Additional Manufacturer Narrative · 0

B5: INFORMATION ADDED.

Additional Manufacturer Narrative · 0

THIS REPORT WAS AMENDED TO UPDATE INTERNATIONAL MEDICAL DEVICE REGULATORS FORUM (IMDRF) CODES. INCOMPLETE CODING OF THIS EVENT WAS IDENTIFIED DURING A RETROSPECTIVE REVIEW OF COMPLAINTS ASSOCIATED WITH CAPA-8580, WHICH FOCUSED ON IDENTIFYING AND REMEDIATING INCOMPLETE CODING OF EVENTS. H6: ADDED PATIENT CODES HEADACHE AND SPEECH DISORDERS. WITH ALL THE AVAILABLE INFORMATION, BOSTON SCIENTIFIC (BSC) CONCLUDES: DEVICE TECHNICAL ANALYSIS: THE WATCHMAN FLX? PRO REMAINS IMPLANTED; THEREFORE, RETURNED DEVICE ANALYSIS COULD NOT BE COMPLETED. DEVICE HISTORY RECORD REVIEW: A REVIEW WAS COMPLETED OF THE DEVICE HISTORY RECORDS (DHR) FOR THE WATCHMAN FLX? PRO, PART # M635WU60200 BATCH # 0032178038. THE DEVICE WAS PROCESSED THROUGH ALL NORMAL OPERATIONAL CONDITIONS AND PASSED ALL ACCEPTANCE ACTIVITIES. THE DHR REVIEW DID NOT IDENTIFY ANY DEVIATIONS OR NON-CONFORMANCES THAT COULD HAVE CONTRIBUTED TO THE EVENT. LABELING REVIEW: THERE WAS NO EVIDENCE TO SUGGEST THAT THE DEVICE WAS USED IN A MANNER INCONSISTENT WITH THE LABELING. WATCHMAN FLX? PRO INSTRUCTIONS FOR USE (IFU) LISTS POTENTIAL COMPLICATIONS, RISKS AND ADVERSE EVENTS THAT MAY BE ASSOCIATED WITH THE USE OF THIS DEVICE WHICH INCLUDE TRANSIENT ISCHEMIC ATTACK (TIA) (HEADACHE, SPEECH DISORDERS) (MEDICATION AND IMAGING REQUIRED). RISK REVIEW: A RISK REVIEW WAS COMPLETED AND CONFIRMED THAT THE EVENT OF TRANSIENT ISCHEMIC ATTACK (TIA) (HEADACHE, SPEECH DISORDERS) WAS DEFINED IN THE RISK DOCUMENTATION. THIS EVENT TYPE HAS BEEN ACCOUNTED FOR DURING PRODUCT RISK ANALYSIS TO SUPPORT ACCEPTABLE RISK BENEFIT FOR THE PRODUCT. INVESTIGATION CONCLUSION: BASED ON A THOROUGH REVIEW OF THE REPORTED COMPLAINT, BOSTON SCIENTIFIC HAS ASSIGNED AN INVESTIGATION CONCLUSION CODE OF KNOWN INHERENT RISK OF DEVICE.
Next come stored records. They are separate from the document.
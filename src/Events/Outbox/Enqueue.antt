-- ===== src/Events/Outbox/Enqueue.antt =====
-- One event for one key.
use mathlib.Core.List.{Memᴰ}
use why_combinator.Prelude.{
  ◌≤◌, ◌≡◌, refl, sym, subst, ◌∙◌, inl, inr, String, Bool, true, none, some, List, [], ◌∷◌, ◌++◌,
  arith, length, head?, ◌==◌, text_has_eq, count, count-append, Option-cases, ==→eq, ==-refl,
}
use why_combinator.Prelude.Members.{Memᴰ-head?, Memᴰ-last, only_one, only}
use why_combinator.Platform.Sql.{Engine, length-select}
use why_combinator.Db.Tables.{Memᴰ-select, Memᴰ-loaded}
use why_combinator.Events.Outbox.{OutboxEvent, NewEvent, fresh_event, enqueue_outbox_event}

abbrev pub has_key : String → OutboxEvent → Bool
has_key k e = e.event_key == k

enqueue_existing :
    (db : Engine) (n : NewEvent) (table : List OutboxEvent) (old : OutboxEvent)
    → head? (db.select OutboxEvent (has_key n.event_key) table) ≡ some old
    → enqueue_outbox_event db n table ≡ (old, table)
unfolding enqueue_outbox_event
enqueue_existing db n table old e = rw (e, enqueue_outbox_event) refl

enqueue_new :
    (db : Engine) (n : NewEvent) (table : List OutboxEvent)
    → head? (db.select OutboxEvent (has_key n.event_key) table) ≡ none
    → enqueue_outbox_event db n table ≡ (fresh_event n, table ++ fresh_event n ∷ [])
unfolding enqueue_outbox_event
enqueue_new db n table e = rw (e, enqueue_outbox_event) refl

enqueue_found :
    (db : Engine) (n : NewEvent) (table : List OutboxEvent) (event : OutboxEvent)
    → Memᴰ event table
    → event.event_key ≡ n.event_key
    → count (has_key n.event_key) table ≤ 1
    → enqueue_outbox_event db n table ≡ (event, table)
enqueue_found db n table event m key unique =
    let p = has_key n.event_key in
    let t : p event ≡ true = rw key (==-refl n.event_key) in
    let found : head? (db.select OutboxEvent p table) ≡ some event =
      only (db.select OutboxEvent p table) (Memᴰ-loaded db p table m t)
        (λ x i. let (k, u) = Memᴰ-select db p table i in only_one p table unique k m u t) in
    enqueue_existing db n table event found

head?-length : {A : Type 0} (xs : List A) → head? xs ≡ none → length xs ≡ 0
head?-length [] e = refl
head?-length (x ∷ xs) e = cc

still_unique :
    (db : Engine) (n : NewEvent) (table : List OutboxEvent)
    → ((k : String) → count (has_key k) table ≤ 1)
    → head? (db.select OutboxEvent (has_key n.event_key) table) ≡ none
    → (k : String) → count (has_key k) (table ++ fresh_event n ∷ []) ≤ 1
unfolding fresh_event
still_unique db n table unique e k =
    let p = has_key n.event_key in
    let gone : count p table ≡ 0 =
      sym (length-select db p table) ∙ head?-length (db.select OutboxEvent p table) e in
    let same : (n.event_key == k) ≡ true → count (has_key k) table ≡ 0 =
      λ t. subst (λ x. count (has_key x) table ≡ 0) (==→eq n.event_key k t) gone in
    ground (arith, count-append (has_key k) table (fresh_event n ∷ []), unique k, same)

-- Enqueueing returns the stored event with the given key, and no two events of the table come to share
-- a key that no two shared before; a second call with the same key, whatever else it is given, returns
-- the same event and changes nothing.
pub enqueue_once :
    (db : Engine) (n n' : NewEvent) (table : List OutboxEvent)
    → ((k : String) → count (λ e. e.event_key == k) table ≤ 1)
    → n'.event_key ≡ n.event_key
    → let (event, table') = enqueue_outbox_event db n table in
      Memᴰ event table'
      × (event.event_key ≡ n.event_key)
      × ((k : String) → count (λ e. e.event_key == k) table' ≤ 1)
      × (enqueue_outbox_event db n' table' ≡ (event, table'))
enqueue_once db n n' table unique same =
    elim (Option-cases (head? (db.select OutboxEvent (has_key n.event_key) table))) [
      | inr (old, e) ↦
          let (m, t) =
            Memᴰ-select db (has_key n.event_key) table
              (Memᴰ-head? (db.select OutboxEvent (has_key n.event_key) table) e) in
          let key : old.event_key ≡ n.event_key = ==→eq old.event_key n.event_key t in
          rw (enqueue_existing db n table old e)
            (m, key, unique, enqueue_found db n' table old m (key ∙ sym same) (unique n'.event_key))
      | inl e ↦
          let event = fresh_event n in
          let there : Memᴰ event (table ++ event ∷ []) = Memᴰ-last event table in
          let still : (k : String) → count (has_key k) (table ++ event ∷ []) ≤ 1 =
            λ k. still_unique db n table unique e k in
          let key : event.event_key ≡ n.event_key = unfold fresh_event in refl in
          rw (enqueue_new db n table e) (
            there,
            key,
            still,
            enqueue_found db n' (table ++ event ∷ []) event there (key ∙ sym same)
                (still n'.event_key),
          )
    ]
Description of Event or Problem · 0

HEAL LAA STUDY. IT WAS REPORTED THAT A TRANSIENT ISCHEMIC ATTACK (TIA) OCCURRED. PRIOR TO THE INDEX PROCEDURE, HEPARIN WAS ADMINISTERED. A LEFT ATRIAL APPENDAGE (LAA) CLOSURE PROCEDURE WAS PERFORMED, AND A 20MM WATCHMAN FLX PRO CLOSURE DEVICE WAS IMPLANTED WITH A COMPLETE LAA SEAL AND A DEPLOYED DEVICE DIAMETER OF 17MM. AFTER THE IMPLANT THE PATIENT WAS CONTINUED ON ASPIRIN AND CLOPIDOGREL. THE PATIENT WAS DISCHARGED THE SAME DAY. ON (B)(6) 2024, 217 DAYS POST INDEX PROCEDURE, THE PATIENT EXPERIENCED A 10 TO 30 MINUTES LONG EPISODE OF EXPRESSIVE APHASIA, POST CORONARY ANGIOGRAPHY PROCEDURE. THE PATIENT HAD UNDERWENT PLANNED CORONARY ANGIOGRAPHY TO ASSESS ATYPICAL CHEST PAIN THAT HAD BEEN AN ONGOING ISSUE PRIOR TO ENROLLMENT IN STUDY. ON THE SAME DAY OF PRESENTATION, THE APHASIA RESOLVED YET THE PATIENT HAD RESIDUAL HEADACHE. THE PATIENT HAD BEEN ON ASPIRIN AND CLOPIDOGREL AND THE EVENT HAD BEEN CONSIDERED RESOLVED THE SAME DAY WITH SEQUELAE. ON (B)(6) 2024, THE PATIENT PRESENTED TO THE HOSPITAL AND A COMPUTED TOMOGRAPHY (CT) SCAN WAS PERFORMED AND THE PATIENT WAS DIAGNOSED WITH TRANSIENT ISCHEMIC ATTACKS (TIA) POSSIBLY CAUSED BY DISLODGED DEBRIS DURING THE CORONARY ANGIOGRAPHY PROCEDURE. MAGNETIC RESONANCE IMAGING (MRI) AND ELECTROENCEPHALOGRAM WAS ALSO PERFORMED AS DIAGNOSTICS. A NON-ANTIPLATELET/NON-ANTICOAGULANT WAS USED TO TREAT THE TIA EVENT. PER THE PHYSICIAN'S OPINION, THIS EVENT IS NOT RELATED TO THE IMPLANTED CLOSURE DEVICE OR LAA CLOSURE PROCEDURE.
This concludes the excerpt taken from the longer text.